La interpretación y aplicación de esta normativa generó cierta polémica jurídica, ya que no incluía un catálogo de medidas, siquiera orientativas, y además imponía la ratificación judicial por los tribunales competentes de cada municipio. Así que en el verano de 2020 Carmen Calvo prometió reformarla. Y se reformó, pero no conforme a lo esperado, pues el Gobierno se limitó a trasladar a los Tribunales Superiores de Justicia de cada comunidad autónoma la responsabilidad de ratificar las medidas adoptadas y al Tribunal Supremo la de unificar criterios vía recurso de casación. Esto generó razonables críticas de la judicatura, especialmente de la Sala Tercera, pues les imponía decidir qué medidas integran el catálogo del artículo 3 de la ley del 86 y cuáles quedan excluidas del marco de aplicación de la misma: algo que sin duda correspondía haber hecho al legislador.
Pero lo cierto es que, tras varios meses de pandemia, la jurisprudencia ya ha tomado forma y el inventario de medidas que las CCAA pueden implantar está bastante definido: restricciones de aforos, limitación de horarios, toques de queda, limitación de reuniones y pasaporte covid, siempre que la administración motive su utilidad, proporcionalidad y necesidad. Por lo tanto, ya no precisamos de una reforma para esto.
La única diferencia sustancial que traería la llamada «ley de pandemias» que reclama el Partido Popular es que la administración podría acordar todo ese catálogo de restricciones sin necesidad de solicitar su ratificación a los tribunales. E imaginen lo que pasaría: la arbitrariedad camparía a sus anchas a lo largo y ancho de todo el país, con nuestros derechos y libertades fundamentales convertidos en moneda de cambio con los que comprar y vender miedo pandémico que acabe redundando en un puñado de votos.

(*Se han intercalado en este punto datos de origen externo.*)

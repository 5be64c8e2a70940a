-- ===== src/FinancialCore/Opening.antt =====
-- backend/modules/financial_core/application/open_account.py: a new account and its welcome grant.
use money_management_pstu_ha.Prelude.{
  ℕ, false, String, Option, none, some, [], ◌∷◌, text_of, if◌then◌else◌,
}
use money_management_pstu_ha.Prelude.Int.{pos}
use money_management_pstu_ha.Prelude.Exec.{pure, ◌>>=◌, ◌>>◌}
use money_management_pstu_ha.Kernel.Money.{Money, is_positive}
use money_management_pstu_ha.Kernel.Ids.{ulid_text}
use money_management_pstu_ha.Database.{Action, new_ulid}
use money_management_pstu_ha.Database.Enums.{TransferKind, TransferStatus}
use money_management_pstu_ha.Database.Json.{num, Fields, end, field}
use money_management_pstu_ha.FinancialCore.Account.{system_issuance_account_id}
use money_management_pstu_ha.FinancialCore.Idempotency.{fingerprint_request}
use money_management_pstu_ha.FinancialCore.Repositories.Accounts.{create}
use money_management_pstu_ha.FinancialCore.Transfer.{
  Policy, Interceptor, TransferCommand, transfer_endpoint, execute,
}

module _ (digest : Fields → String) (policy : Policy) (interceptor : Interceptor) where
  unfoldable pub grant_command : ℕ → ℕ → Money → Option String → TransferCommand
  grant_command user_id account_id opening_balance request_id = record {
    actor_user_id = user_id;
    sender_account_id = system_issuance_account_id;
    receiver_account_id = account_id;
    amount = opening_balance;
    idempotency_key = text_of ("signup-grant:" ∷ ulid_text user_id ∷ []);
    request_fingerprint =
        fingerprint_request digest (
          field "userId" (num (pos user_id)) (field "amountMinor" (num opening_balance.minor) end));
    kind = TransferKind.signup_grant;
    note = some "Welcome bonus";
    request_id = request_id;
    money_request_id = none;
    enforce_limits = false;
    initial_status = TransferStatus.succeeded;
    parent_transfer_id = none;
    intended_receiver_account_id = none;
    idempotency_endpoint = transfer_endpoint;
  }

  -- `OpenAccountUseCase.execute`: returns the new account's id.
  unfoldable pub open_account : ℕ → Money → String → ℕ → Option String → Action ℕ
  open_account user_id opening_balance account_number now request_id = do
    account_id ← new_ulid
    create account_id user_id account_number opening_balance.currency.code now
    (if is_positive opening_balance
        then (execute policy interceptor
              (grant_command user_id account_id opening_balance request_id)
            >>= λ _. pure tt)
        else pure tt)
    pure account_id
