-- ===== src/FinancialCore/Repositories.antt =====
-- backend/modules/financial_core/adapters/persistence/repositories.py: each statement on its table. A
-- violated PRIMARY KEY, UNIQUE or CHECK constraint raises `integrity_error`; of the foreign keys, that of
-- the ledger entries to their accounts is modelled; the lengths of text columns are not.
pub mod Accounts
pub mod Transfers
pub mod Postings
pub mod Keys
pub mod Outbox
pub mod Tests
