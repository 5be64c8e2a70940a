-- ===== src/FinancialCore/Repositories/Accounts/Order.antt =====
-- The order in which `lock_for_update` takes its rows
-- (backend/modules/financial_core/adapters/persistence/repositories.py).
use money_management_pstu_ha.Prelude.{
  ℕ, ◌≡◌, ◌<◌, refl, sym, ap, ◌∙◌, Bool, true, false, ◌||◌, List, [], ◌∷◌, ◌++◌, arith, ◌==◌, All,
  Bool-cases, inl, inr,
}
use money_management_pstu_ha.Database.{Db}
use money_management_pstu_ha.FinancialCore.Repositories.Accounts.{
  insert_id, sorted_set, lock_for_update,
}

abbrev pub among : ℕ → List ℕ → Bool
among k [] = false
among k (a ∷ rest) = k == a || among k rest

-- Each id is below all that follow it.
abbrev pub IsAscending : List ℕ → Type 0
IsAscending [] = Unit
IsAscending (a ∷ rest) = All (λ b. a < b) rest × IsAscending rest

among-insert_id : (k a : ℕ) (ids : List ℕ) → among k (insert_id a ids) ≡ (k == a || among k ids)
unfolding insert_id
among-insert_id k a [] = refl
among-insert_id k a (b ∷ bs) = grind (arith, among-insert_id k a bs)

among-sorted_set : (k : ℕ) (ids : List ℕ) → among k (sorted_set ids) ≡ among k ids
unfolding sorted_set
among-sorted_set k [] = refl
among-sorted_set k (a ∷ rest) =
    among-insert_id k a (sorted_set rest) ∙ ap (λ x. k == a || x) (among-sorted_set k rest)

below-All : (a b : ℕ) (ids : List ℕ) → a < b → All (λ c. b < c) ids → All (λ c. a < c) ids
below-All a b [] h all = tt
below-All a b (c ∷ cs) h all = (omega arith, below-All a b cs h all.1)

insert_id-above :
    (a b : ℕ) (ids : List ℕ) → b < a → All (λ c. b < c) ids → All (λ c. b < c) (insert_id a ids)
unfolding insert_id
insert_id-above a b [] h all = (h, tt)
insert_id-above a b (c ∷ cs) h all = ground (arith, insert_id-above a b cs h all.1)

insert_id-IsAscending : (a : ℕ) (ids : List ℕ) → IsAscending ids → IsAscending (insert_id a ids)
unfolding insert_id
insert_id-IsAscending a [] h = (tt, tt)
insert_id-IsAscending a (b ∷ bs) h =
    grind (arith, below-All a b bs, insert_id-above a b bs, insert_id-IsAscending a bs h.1)

sorted_set-IsAscending : (ids : List ℕ) → IsAscending (sorted_set ids)
unfolding sorted_set
sorted_set-IsAscending [] = tt
sorted_set-IsAscending (a ∷ rest) =
    insert_id-IsAscending a (sorted_set rest) (sorted_set-IsAscending rest)

not_below : (k : ℕ) (ids : List ℕ) → All (λ c. k < c) ids → among k ids ≡ false
not_below k [] h = refl
not_below k (c ∷ cs) h = grind (arith, not_below k cs h.1)

above_at : (a k : ℕ) (ids : List ℕ) → k == a ≡ true → All (λ c. a < c) ids → All (λ c. k < c) ids
above_at a k ids hit h = let equal : k ≡ a = ground (arith, hit) in rw equal h

same_tail :
    (a : ℕ) (xs ys : List ℕ)
    → All (λ c. a < c) xs
    → All (λ c. a < c) ys
    → ((k : ℕ) → among k (a ∷ xs) ≡ among k (a ∷ ys))
    → (k : ℕ) → among k xs ≡ among k ys
same_tail a xs ys above_x above_y same k = elim (Bool-cases (k == a)) [
  | inl hit ↦ grind (
    arith,
    not_below k xs,
    not_below k ys,
    above_at a k xs hit above_x,
    above_at a k ys hit above_y,
  )
  | inr miss ↦ ground (arith, same k, miss)
]

same_head :
    (a b : ℕ) (xs ys : List ℕ)
    → All (λ c. a < c) xs
    → All (λ c. b < c) ys
    → ((k : ℕ) → among k (a ∷ xs) ≡ among k (b ∷ ys))
    → a ≡ b
same_head a b xs ys above_x above_y same =
    grind
      (arith, same a, same b, below-All a b ys, below-All b a xs, not_below a ys, not_below b xs)

ascending_unique :
    (xs ys : List ℕ)
    → IsAscending xs
    → IsAscending ys
    → ((k : ℕ) → among k xs ≡ among k ys)
    → xs ≡ ys
ascending_unique [] [] hx hy same = refl
ascending_unique [] (b ∷ ys) hx hy same = absurd (ground (arith, same b))
ascending_unique (a ∷ xs) [] hx hy same = absurd (ground (arith, same a))
ascending_unique (a ∷ xs) (b ∷ ys) hx hy same =
    let head = same_head a b xs ys hx.0 hy.0 same in
    let above_y : All (λ c. a < c) ys = rw (sym head) at hy.0 in
    let same' : (k : ℕ) → among k (a ∷ xs) ≡ among k (a ∷ ys) = λ k. rw (sym head) at (same k) in
    rw (head, ascending_unique xs ys hx.1 hy.1 (same_tail a xs ys hx.0 above_y same')) refl

sorted_set-same :
    (xs ys : List ℕ) → ((k : ℕ) → among k xs ≡ among k ys) → sorted_set xs ≡ sorted_set ys
sorted_set-same xs ys same =
    ascending_unique (sorted_set xs) (sorted_set ys) (sorted_set-IsAscending xs)
      (sorted_set-IsAscending ys) λ k. among-sorted_set k xs ∙ same k ∙ sym (among-sorted_set k ys)

-- The locks that a session has taken between two states, and whose they are.
pub record LocksInOrder (ids : List ℕ) (before after : Db) : Type 0 where
  pub order : List ℕ
  pub taken : after.locks ≡ before.locks ++ order
  pub ascending : IsAscending order
  pub requested : (k : ℕ) → among k order ≡ among k ids

-- Two requests for the same rows, in whatever order and however often they name them, do the same: they lock
-- the same rows in the same order and give the same answer.
pub lock_for_update-same :
    (xs ys : List ℕ) (db : Db)
    → ((k : ℕ) → among k xs ≡ among k ys)
    → lock_for_update xs db ≡ lock_for_update ys db
unfolding lock_for_update
lock_for_update-same xs ys db same = rw (sorted_set-same xs ys same) refl
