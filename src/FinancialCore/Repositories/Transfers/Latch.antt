-- ===== src/FinancialCore/Repositories/Transfers/Latch.antt =====
-- `SqlTransferRepository.try_transition_status` is a latch
-- (backend/modules/financial_core/adapters/persistence/repositories.py).
use money_management_pstu_ha.Prelude.{ℕ, ◌≡◌, refl, false, List, [], ◌∷◌, arith, count, update}
use money_management_pstu_ha.Prelude.Result.{ok}
use money_management_pstu_ha.Prelude.Exec.{lift, gets, modify, ◌>>=◌, ◌>>◌}
use money_management_pstu_ha.Database.{Db, database_now}
use money_management_pstu_ha.Database.Enums.{TransferStatus, same_transfer_status}
use money_management_pstu_ha.Database.Schema.{TransferRecord}
use money_management_pstu_ha.FinancialCore.Repositories.Transfers.{
  in_status, with_status, try_transition_status,
}

no_longer :
    (id : ℕ) (from_status to_status : TransferStatus) (now : ℕ) (rows : List TransferRecord)
    → same_transfer_status to_status from_status ≡ false
    → count
        (in_status id from_status)
        (update (in_status id from_status) (with_status to_status now) rows)
      ≡ 0
unfolding count update
no_longer id from_status to_status now [] differ = refl
no_longer id from_status to_status now (r ∷ rows) differ =
    grind (arith, no_longer id from_status to_status now rows differ)

-- A transition to another status happens once: whatever a first attempt found, a second one changes
-- no row.
pub try_transition_status-once :
    (id : ℕ) (from_status to_status : TransferStatus) (db : Db)
    → same_transfer_status to_status from_status ≡ false
    → ((try_transition_status id from_status to_status
          >> try_transition_status id from_status to_status)
        db).0
      ≡ ok 0
unfolding try_transition_status ◌>>=◌ gets modify lift database_now
try_transition_status-once id from_status to_status db differ =
    rw (no_longer id from_status to_status db.db_clock db.transfers differ) refl
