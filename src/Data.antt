-- ===== src/Data.antt =====
-- src/qwen_tts_bridge/data (enums.hpp, protocol_types.hpp, audio_types.hpp): the protocol's
-- constants and the values that the bridge's parts exchange. A byte vector is a list of numbers,
-- and `IsByte` is what makes one of its elements a `std::byte`.
use qwen3_tts_bridge_cpp.Common.{ℕ, ◌*◌, ◌^◌, ◌<◌, List, String}

abbrev pub IsByte : ℕ → Type 0
IsByte b = b < 256

abbrev pub IsU16 : ℕ → Type 0
IsU16 v = v < 2 ^ 16

abbrev pub IsU32 : ℕ → Type 0
IsU32 v = v < 2 ^ 32

abbrev pub IsU64 : ℕ → Type 0
IsU64 v = v < 2 ^ 64

-- `struct ProtocolLimits`.
abbrev pub protocol_version : ℕ
protocol_version = 1

abbrev pub min_header_size : ℕ
min_header_size = 24

abbrev pub max_header_size : ℕ
max_header_size = 256

abbrev pub max_control_payload_bytes : ℕ
max_control_payload_bytes = 1024 * 1024

abbrev pub max_audio_payload_bytes : ℕ
max_audio_payload_bytes = 16 * 1024 * 1024

abbrev pub max_error_payload_bytes : ℕ
max_error_payload_bytes = 1024 * 1024

abbrev pub max_frame_payload_bytes : ℕ
max_frame_payload_bytes = 16 * 1024 * 1024

-- The enum stands on `std::uint16_t`, so a value of it may be none of the three: `unlisted`.
pub data FrameType : Type 0 where
  control_json audio_pcm error_json : FrameType
  unlisted : ℕ → FrameType

pub data ParseStatus : Type 0 where
  need_more_data frame_ready fatal_error : ParseStatus

pub data ProtocolError : Type 0 where
  no_error invalid_magic unsupported_protocol_version header_too_small : ProtocolError
  header_too_large unknown_frame_type unsupported_flags payload_too_large : ProtocolError

pub data EncodeError : Type 0 where
  no_error unsupported_protocol_version unsupported_header_size unknown_frame_type : EncodeError
  unsupported_flags payload_size_mismatch payload_too_large : EncodeError

pub record FrameHeader : Type 0 where
  pub protocol_version : ℕ
  pub header_size : ℕ
  pub frame_type : FrameType
  pub flags : ℕ
  pub payload_size : ℕ
  pub request_id : ℕ

pub record Frame : Type 0 where
  pub header : FrameHeader
  pub payload : List ℕ

-- The member initializers of `FrameHeader`.
abbrev pub default_header : FrameHeader
default_header = record {
  protocol_version = protocol_version;
  header_size = min_header_size;
  frame_type = control_json;
  flags = 0;
  payload_size = 0;
  request_id = 0;
}

pub record ParseResult : Type 0 where
  pub status : ParseStatus
  pub error : ProtocolError
  pub message : String
  pub frame : Frame

pub record EncodeResult : Type 0 where
  pub bytes : List ℕ
  pub error : EncodeError
  pub message : String

pub record AudioFormat : Type 0 where
  pub sample_format : String
  pub sample_rate : ℕ
  pub channels : ℕ

pub record PcmChunk : Type 0 where
  pub request_id : ℕ
  pub format : AudioFormat
  pub bytes : List ℕ
  pub first_sample : ℕ
  pub sample_count : ℕ

pub record SpeechTimingChunk : Type 0 where
  pub request_id : ℕ
  pub first_sample : ℕ
  pub sample_count : ℕ
  pub sample_rate : ℕ
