-- ===== src/Control/Messages.antt =====
-- src/qwen_tts_bridge/protocol/control/control_messages.hpp and control_codec.cpp: the messages.
-- `D` is the type `double`, of which this file uses nothing.
use qwen3_tts_bridge_cpp.Common.{ℕ, String, Bool, true, false, Option, List}
use qwen3_tts_bridge_cpp.Data.{AudioFormat}

pub data ControlMessageDirection : Type 0 where
  client_to_worker worker_to_client : ControlMessageDirection

pub data ControlMessageType : Type 0 where
  hello synthesize cancel ping shutdown ready queued started : ControlMessageType
  completed cancelled pong shutdown_ack : ControlMessageType

pub data ControlCodecError : Type 0 where
  no_error invalid_json payload_not_object missing_message_type : ControlCodecError
  invalid_message_type unknown_message_type invalid_message_direction : ControlCodecError
  missing_required_field invalid_field_type forbidden_field unknown_field : ControlCodecError
  encode_failed : ControlCodecError

pub record WorkerCapabilities : Type 0 where
  pub streaming : Bool
  pub cancellation : Bool
  pub instructions : Bool
  pub voice_clone : Bool
  pub sampling_overrides : Bool
  pub deterministic_seed : Bool
  pub voice_clone_streaming : Bool
  pub voice_profiles : Bool

pub record HelloMessage : Type 0 where
  pub client_name : String
  pub client_version : String

pub record SynthesisSamplingOptions (D : Type 0) : Type 0 where
  pub temperature : Option D
  pub top_k : Option ℕ
  pub top_p : Option D
  pub repetition_penalty : Option D
  pub do_sample : Option Bool

pub record SynthesizeMessage (D : Type 0) : Type 0 where
  pub text : String
  pub language : String
  pub speaker : String
  pub instruction : String
  pub voice_id : String
  pub reference_audio_path : String
  pub reference_text : String
  pub x_vector_only : Bool
  pub has_seed : Bool
  pub seed : ℕ
  pub sampling : SynthesisSamplingOptions D
  pub output : AudioFormat

pub record PingMessage : Type 0 where
  pub has_sequence : Bool
  pub sequence : ℕ

pub record ShutdownMessage : Type 0 where
  pub mode : String

pub record ReadyMessage : Type 0 where
  pub worker_version : String
  pub session_id : String
  pub has_warmed_up : Bool
  pub warmed_up : Bool
  pub capabilities : WorkerCapabilities
  pub voice_ids : List String

pub record QueuedMessage : Type 0 where
  pub has_position : Bool
  pub position : ℕ

pub record StartedMessage : Type 0 where
  pub audio_format : AudioFormat

pub record GenerationTrace : Type 0 where
  pub termination_reason : String
  pub hit_eos : Bool
  pub hit_max_seq_len : Bool
  pub hit_max_new_tokens : Bool
  pub codec_frame_count : ℕ
  pub generated_steps : ℕ
  pub emitted_steps : ℕ
  pub terminal_step_index : ℕ

pub record CompletedMessage : Type 0 where
  pub has_execution_outcome : Bool
  pub execution_outcome : String
  pub has_generation_trace : Bool
  pub generation_trace : GenerationTrace

pub record PongMessage : Type 0 where
  pub has_sequence : Bool
  pub sequence : ℕ

-- The variant. The messages with no field are constructors with none.
pub data ControlMessage (D : Type 0) : Type 0 where
  hello_message : HelloMessage → ControlMessage D
  synthesize_message : SynthesizeMessage D → ControlMessage D
  cancel_message : ControlMessage D
  ping_message : PingMessage → ControlMessage D
  shutdown_message : ShutdownMessage → ControlMessage D
  ready_message : ReadyMessage → ControlMessage D
  queued_message : QueuedMessage → ControlMessage D
  started_message : StartedMessage → ControlMessage D
  completed_message : CompletedMessage → ControlMessage D
  cancelled_message : ControlMessage D
  pong_message : PongMessage → ControlMessage D
  shutdown_ack_message : ControlMessage D

unfoldable pub control_message_type : {D : Type 0} → ControlMessage D → ControlMessageType
control_message_type (hello_message m) = hello
control_message_type (synthesize_message m) = synthesize
control_message_type cancel_message = cancel
control_message_type (ping_message m) = ping
control_message_type (shutdown_message m) = shutdown
control_message_type (ready_message m) = ready
control_message_type (queued_message m) = queued
control_message_type (started_message m) = started
control_message_type (completed_message m) = completed
control_message_type cancelled_message = cancelled
control_message_type (pong_message m) = pong
control_message_type shutdown_ack_message = shutdown_ack

pub record ErrorMessage : Type 0 where
  pub category : String
  pub code : String
  pub message : String

pub record ControlDecodeResult (D : Type 0) : Type 0 where
  pub message : ControlMessage D
  pub error : ControlCodecError
  pub diagnostic : String

pub record ErrorDecodeResult : Type 0 where
  pub message : ErrorMessage
  pub error : ControlCodecError
  pub diagnostic : String

pub record JsonPayloadEncodeResult : Type 0 where
  pub payload : List ℕ
  pub error : ControlCodecError
  pub diagnostic : String

-- The results' conversion to `bool`.
unfoldable pub is_ok : ControlCodecError → Bool
is_ok no_error = true
is_ok _ = false

-- The JSON codec, as its callers see it.
pub record ControlCodec (D : Type 0) : Type 0 where
  pub encode_control_message : ControlMessage D → JsonPayloadEncodeResult
  pub decode_control_message : List ℕ → ControlMessageDirection → ControlDecodeResult D
  pub decode_error_message : List ℕ → ErrorDecodeResult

No necesitamos agitadores que se refugian tras el miedo y las medidas efectistas e inefectivas para disimular su inoperancia, sino políticos que sean capaces de gestionar innovando, adaptándose a las circunstancias impuestas por la covid-19, que ahora mismo se circunscriben a la saturación en los centros de salud por la cantidad de gente que quiere realizarse las pruebas diagnósticas u obtener una baja médica. Esto se debe solucionar administrando y reforzando la atención primaria, facilitando y abaratando los test, eliminando la necesidad de cuarentenas para positivos asintomáticos y sus contactos vacunados, etc. Pero la única dirigente que, como siempre, ha tomado la iniciativa y enarbolado la bandera de conjugar la salud, la economía y la libertad ha sido Ayuso.
Por desgracia, demasiados dirigentes apuestan por soluciones medievales que consisten en cerrar y encerrar, soslayando la ruina, la miseria y los problemas de salud mental que estas decisiones provocan en los ciudadanos. Para eso no les necesitamos: mejor váyanse.